The increased use of supplementary feed is a trend that DairyNZ consulting officer Ross Bishop says could be questioned, given that most farmers are also growing more drymatter.

“All farmers have increased their annual drymatter production and increased the use of imported supplements. There’s a challenge for farmers who have embarked on that course to find out why they’ve done that.”

Ross says many farmers he works with on the West Coast have been captured by the concept of bringing in extra feed to boost production and as a result, pasture utilisation rates have dropped.

“Yes, there may have been an increase in production – or not – but it has been at the expense of utilising the home-grown forage which is the cheapest feed available. And it is incurring additional cost which may or may not have been covered by the extra production which will be payout dependent.”

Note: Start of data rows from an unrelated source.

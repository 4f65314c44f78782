-- ===== src/Risk/PostProcess.antt =====
-- RiskEngine.cpp, after the matching engine: `HandleMatcherEventMargin` and `PostProcessCommand`.
pub mod Refund
pub mod Traded
use exchange_cpp.Base.{ℕ, Bool, true, false, ◌&&◌, if◌then◌else◌, Option, none, some, List, [], ◌∷◌}
use exchange_cpp.Base.Dict.{lookup, insert}
use exchange_cpp.Base.Int.{ℤ, pos, int64_max}
use exchange_cpp.Common.{
  OrderAction, ask, bid, opposite, CoreSymbolSpecification, OrderCommand, MatcherTradeEvent,
  MatcherEventType, SymbolType, L2MarketData,
}
use exchange_cpp.Risk.Users.{add_amount, get_user_profile_or_add_suspended}
use exchange_cpp.Risk.Exchange.{
  handle_matcher_reject_reduce_event_exchange, handle_matcher_events_exchange_sell,
  handle_matcher_events_exchange_buy,
}
use exchange_cpp.Risk.Engine.{RiskEngine, uid_for_this_handler}
use exchange_cpp.Risk.Margin.{trade_position, taker_event}

-- What the code throws on, and `removed_position` where it goes on with a record that it gave back to the
-- pool: there the model stops.
pub data ProcessFault : Type 0 where
  symbol_not_found : ProcessFault
  position_not_found : ProcessFault
  removed_position : ProcessFault

pub data Processed : Type 0 where
  processed : RiskEngine → Processed
  failed : ProcessFault → Processed

abbrev pub is_trade : MatcherEventType → Bool
is_trade MatcherEventType.trade = true
is_trade _ = false

abbrev pub is_binary_event : MatcherEventType → Bool
is_binary_event MatcherEventType.binary_event = true
is_binary_event _ = false

abbrev pub is_reject_or_reduce : MatcherEventType → Bool
is_reject_or_reduce MatcherEventType.reject = true
is_reject_or_reduce MatcherEventType.reduce = true
is_reject_or_reduce _ = false

-- The first part of `HandleMatcherEventMargin`, for a taker of this handler.
unfoldable pub taker_margin :
    OrderAction → MatcherTradeEvent → CoreSymbolSpecification → Option ℕ → RiskEngine → Processed
unfolding taker_event
taker_margin action ev spec none e = processed e
taker_margin action ev spec (some uid) e =
    let found = get_user_profile_or_add_suspended uid e.users in
    elim (lookup spec.symbol_id found.0.positions) [
      | none ↦ failed removed_position
      | some position ↦
          let r = taker_event ev.event_type action ev spec position found.0 in
          processed (record e {
            users = insert uid r.1 found.1;
            fees =
                if is_trade ev.event_type
                then add_amount spec.quote_currency r.0 e.fees
                else e.fees;
          })
    ]

-- The second part, for a maker of this handler.
unfoldable pub maker_margin :
    OrderAction → MatcherTradeEvent → CoreSymbolSpecification → RiskEngine → Processed
unfolding trade_position
maker_margin action ev spec e =
    if is_trade ev.event_type && uid_for_this_handler e ev.matched_order_uid
    then (let uid = ev.matched_order_uid in
        let found = get_user_profile_or_add_suspended uid e.users in
        elim (lookup spec.symbol_id found.0.positions) [
          | none ↦ failed position_not_found
          | some position ↦
              let r =
                trade_position (opposite action) ev spec.symbol_id spec.maker_fee spec position
                  found.0 in
              processed (record e {
                users = insert uid r.1 found.1;
                fees = add_amount spec.quote_currency r.0 e.fees;
              })
        ])
    else processed e

unfoldable pub then_process : Processed → (RiskEngine → Processed) → Processed
then_process (processed e) f = f e
then_process (failed fault) f = failed fault

-- `HandleMatcherEventMargin`
unfoldable pub handle_matcher_event_margin :
    MatcherTradeEvent → CoreSymbolSpecification → OrderAction → Option ℕ → RiskEngine → Processed
handle_matcher_event_margin ev spec action taker e =
    then_process (taker_margin action ev spec taker e) (maker_margin action ev spec)

-- The loop of `PostProcessCommand` over the events of a margin symbol.
unfoldable pub margin_events :
    List MatcherTradeEvent
    → CoreSymbolSpecification
    → OrderAction
    → Option ℕ
    → RiskEngine
    → Processed
unfolding handle_matcher_event_margin then_process
margin_events [] spec action taker e = processed e
margin_events (ev ∷ evs) spec action taker e =
    then_process (handle_matcher_event_margin ev spec action taker e)
      (margin_events evs spec action taker)

-- The taker is resolved, or added and suspended, in its own handler alone.
unfoldable pub resolve_taker : ℕ → RiskEngine → Option ℕ × RiskEngine
resolve_taker uid e =
    if uid_for_this_handler e uid
    then (some uid, record e { users = (get_user_profile_or_add_suspended uid e.users).1 })
    else (none, e)

-- The trades, once the rejection or the reduction before them is released.
unfoldable pub exchange_trades :
    OrderAction
    → List MatcherTradeEvent
    → CoreSymbolSpecification
    → Option ℕ
    → OrderCommand
    → RiskEngine
    → RiskEngine
exchange_trades action [] spec taker cmd e = e
exchange_trades ask (ev ∷ evs) spec taker cmd e =
    let r =
      handle_matcher_events_exchange_sell (uid_for_this_handler e) (ev ∷ evs) spec taker e.users
        e.fees in
    record e { users = r.0; fees = r.1 }
exchange_trades bid (ev ∷ evs) spec taker cmd e =
    let r =
      handle_matcher_events_exchange_buy (uid_for_this_handler e) (ev ∷ evs) spec taker cmd e.users
        e.fees in
    record e { users = r.0; fees = r.1 }

unfoldable pub release_taker :
    Option ℕ → MatcherTradeEvent → CoreSymbolSpecification → OrderCommand → RiskEngine → RiskEngine
release_taker none ev spec cmd e = e
release_taker (some uid) ev spec cmd e = record e {
  users = handle_matcher_reject_reduce_event_exchange cmd ev spec uid e.users;
}

-- The events of a pair of currencies. A rejection or a reduction comes first.
unfoldable pub exchange_events :
    MatcherTradeEvent
    → List MatcherTradeEvent
    → CoreSymbolSpecification
    → OrderCommand
    → RiskEngine
    → RiskEngine
unfolding exchange_trades release_taker resolve_taker
exchange_events ev evs spec cmd e =
    let r = resolve_taker cmd.uid e in
    if is_reject_or_reduce ev.event_type
    then exchange_trades cmd.action evs spec r.0 cmd (release_taker r.0 ev spec cmd r.1)
    else exchange_trades cmd.action (ev ∷ evs) spec r.0 cmd r.1

-- A taker of this handler that has no position in the symbol of the command is an error.
unfoldable pub futures_events :
    List MatcherTradeEvent → CoreSymbolSpecification → OrderCommand → RiskEngine → Processed
unfolding margin_events resolve_taker
futures_events evs spec cmd e =
    let r = resolve_taker cmd.uid e in
    elim r.0 [
      | none ↦ margin_events evs spec cmd.action none r.1
      | some uid ↦
          elim (lookup cmd.symbol (get_user_profile_or_add_suspended uid r.1.users).0.positions) [
            | none ↦ failed position_not_found
            | some _ ↦ margin_events evs spec cmd.action (some uid) r.1
          ]
    ]

-- The events of a command by the type of its symbol.
unfoldable pub process_events :
    SymbolType
    → List MatcherTradeEvent
    → CoreSymbolSpecification
    → OrderCommand
    → RiskEngine
    → Processed
unfolding exchange_events futures_events
process_events type [] spec cmd e = processed e
process_events SymbolType.currency_exchange_pair (ev ∷ evs) spec cmd e =
    if is_binary_event ev.event_type
    then processed e
    else processed (exchange_events ev evs spec cmd e)
process_events SymbolType.futures_contract (ev ∷ evs) spec cmd e =
    if is_binary_event ev.event_type then processed e else futures_events (ev ∷ evs) spec cmd e
process_events SymbolType.option (ev ∷ evs) spec cmd e = processed e

-- The best price of a side, or what stands for none.
abbrev pub best_price : ℤ → List (ℤ × ℤ × ℕ) → ℤ
best_price otherwise [] = otherwise
best_price otherwise (level ∷ levels) = level.0

-- The market data of a command renews the last prices of its symbol.
unfoldable pub process_market_data : ℕ → Option L2MarketData → RiskEngine → RiskEngine
process_market_data symbol none e = e
process_market_data symbol (some prices) e =
    if e.margin_trading_enabled
    then record e {
      last_price_cache =
          insert symbol
            (record {
              ask_price = best_price int64_max prices.asks;
              bid_price = best_price (pos 0) prices.bids;
            })
            e.last_price_cache;
    }
    else e

-- Neither market data nor an event that is not binary.
unfoldable pub has_nothing_to_process : Option L2MarketData → List MatcherTradeEvent → Bool
has_nothing_to_process (some _) _ = false
has_nothing_to_process none [] = true
has_nothing_to_process none (ev ∷ evs) = is_binary_event ev.event_type

-- `PostProcessCommand`
unfoldable pub post_process_command : OrderCommand → RiskEngine → Processed
unfolding process_events process_market_data has_nothing_to_process
post_process_command cmd e =
    if has_nothing_to_process cmd.market_data cmd.matcher_event
    then processed e
    else elim (lookup cmd.symbol e.symbols) [
      | none ↦ failed symbol_not_found
      | some spec ↦
          then_process (process_events spec.symbol_type cmd.matcher_event spec cmd e)
            (λ e'. processed (process_market_data cmd.symbol cmd.market_data e'))
    ]
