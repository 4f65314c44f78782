-- ===== src/Risk/PostProcess/Refund.antt =====
-- A command that the risk engine holds funds for and the book rejects.
use exchange_cpp.Base.{
  Option, Bool-cases, inl, inr, ℕ, Bool, true, false, ==_refl, ◌≡◌, ◌≢◌, refl, sym, ap, ◌∙◌,
  if◌then◌else◌, none, some, [], ◌∷◌,
}
use exchange_cpp.Base.Dict.{lookup, insert, lookup-insert}
use exchange_cpp.Common.{
  OrderType, OrderCommandType, CommandResultCode, SymbolType, CoreSymbolSpecification, OrderCommand,
  L2MarketData,
}
use exchange_cpp.OrderBook.Events.{reject_event}
use exchange_cpp.Risk.Users.{UserProfile, get_user_profile_or_add_suspended}
use exchange_cpp.Risk.Exchange.{place_exchange_order, handle_matcher_reject_reduce_event_exchange}
use exchange_cpp.Risk.Exchange.Release.{balance_of, place_exchange_order_rejected}
use exchange_cpp.Risk.Engine.{RiskEngine, uid_for_this_handler}
use exchange_cpp.Risk.Margin.{is_valid, place_order_of, check_known, place_order_risk_check}
use exchange_cpp.Risk.PostProcess.{
  processed, resolve_taker, release_taker, exchange_trades, exchange_events, process_events,
  process_market_data, has_nothing_to_process, then_process, post_process_command,
}

-- The command as it comes back, with its rejection as the only event and any market data.
abbrev pub rejected : Option L2MarketData → OrderCommand → OrderCommand
rejected book cmd = record cmd {
  matcher_event = reject_event cmd cmd.size ∷ [];
  market_data = book;
}

-- What the check of a pair of currencies leaves.
checked :
    (cmd : OrderCommand) (spec : CoreSymbolSpecification) (e : RiskEngine) (p : UserProfile)
    → lookup cmd.uid e.users ≡ some p
    → lookup cmd.symbol e.symbols ≡ some spec
    → spec.symbol_type ≡ SymbolType.currency_exchange_pair
    → e.ignore_risk_processing ≡ false
    → let r = place_exchange_order cmd spec p in
      place_order_risk_check cmd e ≡ (
        if is_valid r.0 then r.0 else CommandResultCode.risk_nsf,
        record e { users = insert cmd.uid r.1 e.users },
      )
unfolding place_order_risk_check check_known place_order_of
checked cmd spec e p known listed pair checks =
    rw (place_order_risk_check, known, listed, check_known, checks, pair) refl

valid_code :
    (code : CommandResultCode)
    → (if is_valid code then code else CommandResultCode.risk_nsf)
      ≡ CommandResultCode.valid_for_matching_engine
    → code ≡ CommandResultCode.valid_for_matching_engine
valid_code code e = go (is_valid code) e
  where
    go :
        (b : Bool)
        → (if b then code else CommandResultCode.risk_nsf)
          ≡ CommandResultCode.valid_for_matching_engine
        → code ≡ CommandResultCode.valid_for_matching_engine
    go true e = e
    go false e = absurd (nsf e)
      where
        nsf : CommandResultCode.risk_nsf ≡ CommandResultCode.valid_for_matching_engine → ⊥
        nsf v = cc

-- The last prices are renewed, and no user changes.
process_market_data-users :
    (symbol : ℕ) (book : Option L2MarketData) (e : RiskEngine)
    → (process_market_data symbol book e).users ≡ e.users
unfolding process_market_data
process_market_data-users symbol none e = refl
process_market_data-users symbol (some prices) e = elim (Bool-cases e.margin_trading_enabled) [
  | inl margin ↦ rw margin refl
  | inr pairs ↦ rw pairs refl
]

-- What the processing of the rejection leaves.
released :
    (book : Option L2MarketData) (cmd : OrderCommand) (spec : CoreSymbolSpecification)
    (e : RiskEngine) (p : UserProfile)
    → lookup cmd.symbol e.symbols ≡ some spec
    → spec.symbol_type ≡ SymbolType.currency_exchange_pair
    → uid_for_this_handler e cmd.uid ≡ true
    → lookup cmd.uid e.users ≡ some p
    → post_process_command (rejected book cmd) e
      ≡ processed (
          process_market_data cmd.symbol book (record e {
            users =
                handle_matcher_reject_reduce_event_exchange
                  (rejected book cmd)
                  (reject_event cmd cmd.size)
                  spec
                  cmd.uid
                  e.users;
          }))
unfolding post_process_command process_events exchange_events exchange_trades release_taker
    resolve_taker has_nothing_to_process then_process reject_event get_user_profile_or_add_suspended
released none cmd spec e p listed pair here known =
    rw (listed, pair, here, get_user_profile_or_add_suspended, known) refl
released (some prices) cmd spec e p listed pair here known =
    rw (listed, pair, here, get_user_profile_or_add_suspended, known) refl

-- In the handler of its user, a PLACE_ORDER of a known pair of currencies that passes the risk
-- check, which is not skipped, and that comes back with the rejection of the whole order as its
-- only event, with or without market data, is processed without a fault and leaves every balance of
-- the user as it was, for every type but IOC_BUDGET.
pub post_process_command_refunds :
    (book : Option L2MarketData) (cmd : OrderCommand) (spec : CoreSymbolSpecification)
    (e : RiskEngine) (p : UserProfile) (c : ℕ)
    → lookup cmd.uid e.users ≡ some p
    → lookup cmd.symbol e.symbols ≡ some spec
    → spec.symbol_type ≡ SymbolType.currency_exchange_pair
    → e.ignore_risk_processing ≡ false
    → uid_for_this_handler e cmd.uid ≡ true
    → cmd.command ≡ OrderCommandType.place_order
    → OrderType.ioc_budget ≢ cmd.order_type
    → (place_order_risk_check cmd e).0 ≡ CommandResultCode.valid_for_matching_engine
    → (e' : RiskEngine) × (post_process_command (rejected book cmd) (place_order_risk_check cmd e).1
        ≡ processed e')
      × (balance_of cmd.uid c e'.users ≡ balance_of cmd.uid c e.users)
unfolding uid_for_this_handler handle_matcher_reject_reduce_event_exchange
post_process_command_refunds book cmd spec e p c known listed pair checks here placed n valid =
    let r = place_exchange_order cmd spec p in
    let step = checked cmd spec e p known listed pair checks in
    let held : RiskEngine = record e { users = insert cmd.uid r.1 e.users } in
    let code = valid_code r.0 (sym (ap (λ x. x.0) step) ∙ valid) in
    let has : lookup cmd.uid held.users ≡ some r.1 =
      lookup-insert cmd.uid cmd.uid r.1 e.users ∙ rw (==_refl cmd.uid) refl in
    (
      _,
      ap (λ x. post_process_command (rejected book cmd) x.1) step
          ∙ released book cmd spec held r.1 listed pair here has,
      ap (balance_of cmd.uid c) (process_market_data-users cmd.symbol book _)
          ∙ place_exchange_order_rejected cmd spec cmd.uid c p e.users placed n code
          ∙ rw (balance_of, known) refl,
    )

Extra feed will have benefits such as increasing body condition score, but he questions the reasoning and decision-making.

“What the monitor farm project has shown is that at all stages of the season that the milking feed is analysed, the energy content and composition of the pasture is sufficient for all production and maintenance requirements. So why do we need the imported feed? Why aren’t we able to make better use of the home-grown forage that is produced?”

Farm trends since 2011-12

9% cow numbers
100kg in liveweight/ha
21% in per cow production
32% in per hectare production
• Relatively stable gross farm revenue
• $6.27/kg MS to $7.45/kg MS
• Highest operating profit (EFS)/ha: $2728; lowest $894
• FWE range: $4.54 to $5.17/kg MS

Financial KPIs for 2013-14

Farm working expenses

$4.85/kg MS

Gross farm revenue

$7.45/kg MS

Operating expenses

$5.07/kg MS

Operating profit

$2.38/kg MS

Operating expenses

$5814/ha

Operating profit

$2728/ha

Return on dairy assets

9.4%

Key points

Location: Greymouth, West Coast
Majority shareholders: Andrew and Michelle Robb
Total area: 365ha
Runoff: 145ha
Cows: 885 crossbred
Production: 1147kg milksolids/ha 2013-14.